Top: The Tiah Town Clinic was funded by benefits affected communities received from a logging concession between the Liberian government and International Capital Consultant (ICC). Construction works have been completed but the lack of furniture supplies means the clinic cannot serve its people. The DayLight/Eric Opa Doue


By Eric Opa Doue for The DayLight


TIAH TOWN, Nimba County – Fifty-two-year-old Elizabeth Zialue traveled 55 kilometers from Tiah Town in Nimba to Boegeezay Town in River Cess County to seek treatment for her two-year-old grandson. Medical services in the Boegeezay community are free but Zialue has to pay LD3,500 for a motorcycle taxi to get there, and the same amount to get back.

Zialue had lost her daughter, the boy’s mother, two years ago. “My daughter was sick when she delivered. There was no money to go to the hospital in Boegeezay or Tappita so she died,” she recalled.

But Zialue’s daughter could have survived if a clinic in Tiah Town was operational.  In 2017, communities around here received US$125,000 to construct a clinic here in Tiah Town. The money was a portion of their benefits from a logging concession between the Liberian government and a logging company called International Capital   Consultant (ICC). The concession, known in the forestry sector as Forest Management Contract Area K, covers 266,910 hectares in both River Cess and Nimba. The community’s leadership added another US30,000 for other utilities such as water towers and an insinuator.

The clinic’s construction started in April 2017 and was expected to be completed, dedicated for full operation in March 2018. The Nimba County Health Team was supposed to provide the workforce and medical and non-medical supplies for the running of the facility. Due to its strategic location, it was supposed to serve both River Cess and Nimba Counties when completed.  

Healthcare workers’ resident at the proposed Tiah Town Clinic. The DayLight/Eric Opa Doue
The Tiah Town Clinic project was funded by logging funds. The DayLight/James Harding Giahyue

Five years after its completion, nothing has happened according to plan. The National Benefit Sharing Trust Board, a watchdog that manages communities’ funds from forest concessions disbursed US$10,225.25 plus L$5.3 million to purchase furniture and drugs for the clinic. The fees come from logging-affected communities’ share of land rental fees companies pay to the Liberian government. However, the community’s forest leadership used the fund to build a guesthouse instead.  

Jerry Gbaye, the head of the leadership at the time, told The DayLight his decision to divert the fund was backed by all affected towns and villages in Gbi, Gbiagloh and Doru chiefdom, where the clinic is located. The clinic is meant to provide thousands of people access to healthcare in one of the remotest places in Liberia.

“It was not the CFDC’s decision to use the money for a guesthouse,” Gbaye said. CFDC means community forest development committee, a body of villagers that co-manages a certain logging concession alongside the Forestry Development Authority (FDA).

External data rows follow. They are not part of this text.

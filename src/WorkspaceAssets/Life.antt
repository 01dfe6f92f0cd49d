-- ===== src/WorkspaceAssets/Life.antt =====
-- modules/file_mgr/dataset.rs: any history of uploads, deletes and restarts.
use al.Prelude.{inl, inr, refl, none, List, arith}
use al.Effects.{Fate, final}
use al.Effects.Triples.{Holds-final}
use al.WorkspaceAssets.Mutations.{
  Workspace, Upload, upload_workspace_file, Delete, start_workspace_asset_delete,
}
use al.WorkspaceAssets.Revisions.{
  Advanced, seen, seen_of, SameAssets, Later, bump_larger, bump_bounded, Ordered, Ordered-Later,
}
use al.WorkspaceAssets.Commits.{upload_workspace_file-Advanced}
use al.WorkspaceAssets.Logs.{start_workspace_asset_delete-Later, SameAssets-trans}

-- The caches are empty after a restart.
unfoldable pub restart : Workspace → Workspace
restart s = record s { cached = none }

-- What may come of a workspace: calls with any fates, after which the process may be dead, and
-- restarts.
pub data Life (a : Workspace) : Workspace → Type 0 where
  begin : Life a a
  upload :
      {s : Workspace}
      → Life a s
      → (up : Upload) (fates : List Fate)
      → Life a (final (upload_workspace_file up (record { state = s; fates = fates }))).state
  delete :
      {s : Workspace}
      → Life a s
      → (d : Delete) (fates : List Fate)
      → Life a (final (start_workspace_asset_delete d (record { state = s; fates = fates }))).state
  boot : {s : Workspace} → Life a s → Life a (restart s)

Later-Ordered : (a b : Workspace) → Later a b → Ordered b
Later-Ordered a b l = record { ordered = l.ordered; near = l.near }

restart-Later : (s : Workspace) → Ordered s → Later s (restart s)
unfolding restart seen seen_of SameAssets
restart-Later s o =
    let larger = bump_larger s.revision (omega (arith, o.near, bump_bounded (seen s))) in
    record {
      ordered = omega arith;
      near = larger;
      sees = o.ordered;
      grows = omega arith;
      marked = inr (inr (λ tree rest e. refl));
    }

Later_trans : (a b c : Workspace) → Later a b → Later b c → Later a c
Later_trans a b c h k =
    let sees_first = h.sees in
    let sees_next = k.sees in
    let grows_first = h.grows in
    let grows_next = k.grows in
    let top = k.near in
    let top' = bump_bounded (seen c) in
    record {
      ordered = k.ordered;
      near = k.near;
      sees = omega arith;
      grows = omega arith;
      marked = elim h.marked [
        | inl more ↦ inl (omega arith)
        | inr (inl full) ↦ inr (inl (omega arith))
        | inr (inr same) ↦ elim k.marked [
          | inl more ↦ inl (omega arith)
          | inr (inl full) ↦ inr (inl full)
          | inr (inr same') ↦ inr (inr (SameAssets-trans a b c same same'))
        ]
      ];
    }

-- From a state in which the cached revision is the one in `workspace.json` or the one before, and
-- through any uploads, deletes, failures, deaths of the process and restarts: it stays so; neither
-- revision goes back; and if a data set or a converter is no longer as it was, then the revision in
-- `workspace.json` is larger than the one that was shown, or it is the largest `u64`.
pub Life-Later : (a b : Workspace) → Ordered a → Life a b → Later a b
Life-Later a _ o begin = Ordered-Later a o
Life-Later a _ o (upload {s} life up fates) =
    let l = Life-Later a s o life in
    let next =
      Holds-final (Later s) (Advanced s) _
        (upload_workspace_file-Advanced s (Later-Ordered a s l) up fates) (λ _ _ h. h.later) in
    Later_trans a s _ l next
Life-Later a _ o (delete {s} life d fates) =
    let l = Life-Later a s o life in
    let next =
      Holds-final (Later s) (λ _. Later s) _
        (start_workspace_asset_delete-Later s (Later-Ordered a s l) d fates) (λ _ _ h. h) in
    Later_trans a s _ l next
Life-Later a _ o (boot {s} life) =
    let l = Life-Later a s o life in Later_trans a s _ l (restart-Later s (Later-Ordered a s l))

“The people of Gbiagloh and Gbi said the people of Doru already had the clinic in their area so that money should be used to construct a guesthouse for them to benefit, too,” he added.

Alfred Zelee, an elder responsible for Tiah Town’s development matters, refutes that claim. “If a decision was reached to use the money on the guesthouse, I don’t know,” said Zelee.” “All I know is that Gbaye took the money and used it on the guesthouse.

“We are suffering here because few people decided to use the money from the land rental fees that they were supposed to use to put medicine in the clinic,” he added.

The National Union of Community Forest Development Committee (NUCFDC), a group that advocates for the benefits for villagers affected by logging concessions, is investigating the matter. 

Gbi-Doru District is one of Nimba’s remotest communities, with no access to healthcare. The DayLight/James Harding Giahyue

“We are now investigating whether the project was identified by the citizens and, and the project was awarded to a competent company,” said Andrew Zelemen, the national facilitator for the group in an interview with The DayLight. “Since it is established that the money was diverted, the NUCFDC is now contemplating what punishment awaits the [community’s leadership.”

The Trust Board has also said it would not give the community’s leadership any more money unless it accounted for the furniture fund for the clinic, the most expensive of 53  projects it has funded countrywide since 2015.

“The board has the intent to release additional funding for the Tiah Town project and all other uncompleted projects across the country, under conditions,” said Roberto Kollie, the head of the secretariat. “The first criterion is the [community’s leadership] must be able to present an assessment report to the board.

“The Assessment report will include the project that was approved, the cost of the project, and the total amount that was disbursed for the implementation of the project and they must be able to provide a reason to the board why those projects were not completed.”

Zialue in Tiah Town is unaware of the unfolding. Her grandchild was treated but she had to spend additional days in Boegeezay before going back to Tiah Town.

“Ever since the people talked about the hospital to build, everybody was happy, but today no head, no tail,” Zialue said. “We [are] still doing the same thing.”